Just to make it more complicated for you: When you mix a larger quantity I’m sure the incorporation of air is going to be different than a smaller quantity (you are going to have to mix longer) so you might end up with more air in the batter, hence the volume of the batter is greater thereby changing the texture of your pre-established product. The good news is that if you decide that any air volume increase/texture change is not a negative change you might end up having “extra” batter, therefore the same cost yet with an increased yield.

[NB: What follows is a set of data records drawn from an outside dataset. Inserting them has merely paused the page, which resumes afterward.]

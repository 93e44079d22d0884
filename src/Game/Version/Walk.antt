-- ===== src/Game/Version/Walk.antt =====
-- The walk along `inheritsFrom` against the line of a version's parents.
use rc_launcher.Base.{
  ℕ, zero, suc, ◌<◌, ◌≡◌, refl, sym, ap, ◌∙◌, ◌⊎◌, inl, inr, true, Option, none, some, List, [],
  ◌∷◌, length, Bool-cases, Option-cases, Result-cases, some-injective, ok-injective, arith, ok,
}
use rc_launcher.Base.Text.{Text, text_eq, text_eq_iff, contains}
use rc_launcher.Error.{RcResult}
use rc_launcher.Game.Version.{VersionJson, ResolvedVersion, merge_chain, walk, reverse_onto}

module _ {V : Type 0} (fetch : Text → RcResult (VersionJson V)) where
  -- A version with its parents, from itself to the one that inherits from nothing.
  pub data Line : Text → List (VersionJson V) → Type 0 where
    root :
        {id : Text} {v : VersionJson V}
        → fetch id ≡ ok v
        → v.inherits_from ≡ none
        → Line id (v ∷ [])
    child :
        {id parent : Text} {v : VersionJson V} {vs : List (VersionJson V)}
        → fetch id ≡ ok v
        → v.inherits_from ≡ some parent
        → Line parent vs
        → Line id (v ∷ vs)

  same_version : {id : Text} {v w : VersionJson V} → fetch id ≡ ok v → fetch id ≡ ok w → v ≡ w
  same_version f g = ok-injective (sym f ∙ g)

  no_parent :
      {v w : VersionJson V} {p : Text}
      → v ≡ w
      → v.inherits_from ≡ none
      → ¬ (w.inherits_from ≡ some p)
  no_parent e n m = absurd (cc (sym n ∙ (ap (λ v. v.inherits_from) e ∙ m)))

  Line-unique : (id : Text) (vs ws : List (VersionJson V)) → Line id vs → Line id ws → vs ≡ ws
  Line-unique id _ _ (root f n) (root g m) = ap (λ v. v ∷ []) (same_version f g)
  Line-unique id _ _ (root f n) (child g m d) = absurd (no_parent (same_version f g) n m)
  Line-unique id _ _ (child f n c) (root g m) = absurd (no_parent (same_version g f) m n)
  Line-unique id _ _ (child {parent = p} {v = v} {vs = vs} f n c)
        (child {parent = q} {vs = ws} g m d) =
      let e = same_version f g in
      let parents : p ≡ q = some-injective (sym n ∙ (ap (λ v. v.inherits_from) e ∙ m)) in
      let d' : Line p ws = rw (parents) d in let rest = Line-unique p vs ws c d' in cc (e, rest)

  -- A chain that is found belongs to the line of the version.
  pub walk_sound :
      (n : ℕ) (current : Text) (visited : List Text) (chain : List (VersionJson V))
      (r : ResolvedVersion V)
      → walk fetch n current visited chain ≡ some (ok r)
      → (vs : List (VersionJson V)) × Line current vs × (r ≡ merge_chain (reverse_onto vs chain))
  unfolding walk reverse_onto
  walk_sound zero current visited chain r h = absurd (cc)
  walk_sound (suc n) current visited chain r h = elim (Bool-cases (contains current visited)) [
    | inl e ↦ absurd (cc (rw (e) at h))
    | inr e ↦ elim (Result-cases (fetch current)) [
      | inr (x, f) ↦ absurd (cc (rw (e, f) at h))
      | inl (v, f) ↦ elim (Option-cases v.inherits_from) [
        | inl none_left ↦
            let same : merge_chain (v ∷ chain) ≡ r =
              ok-injective (some-injective (rw (e, f, none_left) at h)) in
            (v ∷ [], root f none_left, sym same)
        | inr (p, up) ↦
            let (vs, line, same) =
              walk_sound n p (current ∷ visited) (v ∷ chain) r (rw (e, f, up) at h) in
            (v ∷ vs, child f up line, same)
      ]
    ]
  ]

  -- No version that was visited has a line as short as that.
  abbrev pub AllLonger : ℕ → List Text → Type 0
  AllLonger n visited =
      (w : Text)
      → contains w visited ≡ true
      → (ws : List (VersionJson V)) → Line w ws
      → n < length ws

  AllLonger-cons :
      (current : Text) (v : VersionJson V) (vs : List (VersionJson V)) (visited : List Text)
      → Line current (v ∷ vs)
      → AllLonger (suc (length vs)) visited
      → AllLonger (length vs) (current ∷ visited)
  unfolding contains
  AllLonger-cons current v vs visited line h w c ws lw = elim (Bool-cases (text_eq w current)) [
    | inl e ↦
        let line' : Line w (v ∷ vs) = rw ((text_eq_iff w current).0 e) line in
        let same = Line-unique w (v ∷ vs) ws line' lw in omega (arith, ap length same)
    | inr e ↦ let longer = h w (rw (e) at c) ws lw in omega (arith, longer)
  ]

  -- A line is a version with no parent, or one with the line of its parent.
  Line-cases :
      (id : Text) (vs : List (VersionJson V))
      → Line id vs
      → (v : VersionJson V) × (fetch id ≡ ok v)
        × (((v.inherits_from ≡ none) × (vs ≡ v ∷ []))
            ⊎ ((p : Text) × (v.inherits_from ≡ some p)
                × ((ws : List (VersionJson V)) × Line p ws × (vs ≡ v ∷ ws))))
  Line-cases id _ (root {v = v} f n) = (v, f, inl (n, refl))
  Line-cases id _ (child {parent = p} {v = v} {vs = ws} f n line) =
      (v, f, inr (p, n, (ws, line, refl)))

  unfoldable pub Found : Option (RcResult (ResolvedVersion V)) → List (VersionJson V) → Type 0
  Found o chain = (o ≡ none) ⊎ (o ≡ some (ok (merge_chain chain)))

  -- The line of a version is found, unless the fuel is spent before.
  pub walk_complete :
      (n : ℕ) (current : Text) (visited : List Text) (chain vs : List (VersionJson V))
      → Line current vs
      → AllLonger (length vs) visited
      → Found (walk fetch n current visited chain) (reverse_onto vs chain)
  unfolding walk reverse_onto Found
  walk_complete zero current visited chain vs line h = inl refl
  walk_complete (suc n) current visited chain vs line h =
      elim (Bool-cases (contains current visited)) [
        | inl e ↦ absurd (let lt = h current e vs line in omega (arith, lt))
        | inr e ↦
            let (v, f, next) = Line-cases current vs line in
            elim next [
              | inl (top, only) ↦ rw (e, f, top, only) (inr refl)
              | inr (p, up, (ws, above, split)) ↦
                  let line' : Line current (v ∷ ws) = rw (sym split) line in
                  let h' : AllLonger (suc (length ws)) visited = rw (sym (ap length split)) h in
                  rw (e, f, up, split)
                    (walk_complete n p (current ∷ visited) (v ∷ chain) ws above
                      (AllLonger-cons current v ws visited line' h'))
            ]
      ]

No guarantees until you do a trial run.
Also, find a handy volume equivalent chart. When you are jumping from 2-4 batches to 20 things measured in tablespoons and teaspoons can quickly be converted with out a big hassle. Where do you find such a chart you ask? I’m sure that you could hunt on-line and find something for free. However, I recommend The Professional Pastry Chef: Fundamentals of Baking and Pastry by Bo Friberg. He has three wonderful appendixes one for ingredients one for equipment and one for weights, measures and yields. I highly recommend this worthy investment for anyone thinking about baking for profit or even a serious home baker. If you were fortunate enough to go to school for pastry it is still a great book. If you are relegated to self-taught it is invaluable. And don’t forget to use the Amazon link from this site!!
post #6 of 7
Thread Starter 
Thank you so much for the great advise. Doing a trial run is a great idea. I will definitely purchase the cook book ASAP!
post #7 of 7
I used to have a computer program that would do the conversions of scaling up/down recipes as needed (but it's lost on a dead harddrive). I do all my calculations manually, now, but it's really no problem if you know your equivelents i.e., x tsp = x Tb = x cups, etc, etc. Once I get to any decent sized batch of anything, I'll measure by volume and then weigh it, noting and going by weight in the future, as it's much much easier/faster when dealing with quantity.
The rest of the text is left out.